▶ ENTRIES SUPPLIED
-- ===== src/Knee/Panels/Layout.antt =====
-- sweep/mkcharts.py: where the panels of round-trips.svg stand, and their common axis.
use raft_tests.Prelude.{
  ℕ, ◌+◌, ◌-◌, ◌≤◌, ◌<◌, ◌≢◌, ◌⊎◌, arith, string_eq, option_eq, pair_eq, list_eq, nat_eq, int_eq,
}
use raft_tests.Knee.Panels.{
  panel_width, panel_height, rows_for, canvas_width, canvas_height, panel_left, panel_top,
}

-- The clip rectangle of panel i ends before that of panel j begins, to the right or below.
abbrev pub IsBefore : ℕ → ℕ → Type 0
IsBefore i j =
    (panel_left i - 6 + (panel_width + 12) ≤ panel_left j - 6)
    ⊎ (panel_top i - 6 + (panel_height + 12) ≤ panel_top j - 6)

panel_left-IsInside : (i : ℕ) → (6 ≤ panel_left i) × (panel_left i + panel_width + 6 ≤ canvas_width)
unfolding panel_left
panel_left-IsInside i = (omega arith, omega arith)

panel_top-IsInside :
    (i n : ℕ) → i < n → (6 ≤ panel_top i) × (panel_top i + panel_height + 6 + 80 ≤ canvas_height n)
unfolding panel_top canvas_height rows_for
panel_top-IsInside i n h = (omega arith, omega arith)

panels_apart : (i j : ℕ) → i ≢ j → IsBefore i j ⊎ IsBefore j i
unfolding panel_left panel_top
panels_apart i j differ = ground arith

-- Of n panels, the clip rectangle of each stands inside the canvas, 80 above its lower edge, and the rectangles of
-- two panels do not overlap.
pub panels-Fit :
    (n i : ℕ)
    → i < n
    → ((6 ≤ panel_left i) × (panel_left i + panel_width + 6 ≤ canvas_width))
      × ((6 ≤ panel_top i) × (panel_top i + panel_height + 6 + 80 ≤ canvas_height n))
      × ((j : ℕ) → j < n → i ≢ j → IsBefore i j ⊎ IsBefore j i)
panels-Fit n i h =
    (panel_left-IsInside i, panel_top-IsInside i n h, λ j _ differ. panels_apart i j differ)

▶ YOUR ASSIGNMENT
Once you find the string "IsInside" in a line of the records, copy that line.

▶ TASK SOLUTION
panel_left-IsInside : (i : ℕ) → (6 ≤ panel_left i) × (panel_left i + panel_width + 6 ≤ canvas_width)
panel_left-IsInside i = (omega arith, omega arith)
panel_top-IsInside :
panel_top-IsInside i n h = (omega arith, omega arith)
    (panel_left-IsInside i, panel_top-IsInside i n h, λ j _ differ. panels_apart i j differ)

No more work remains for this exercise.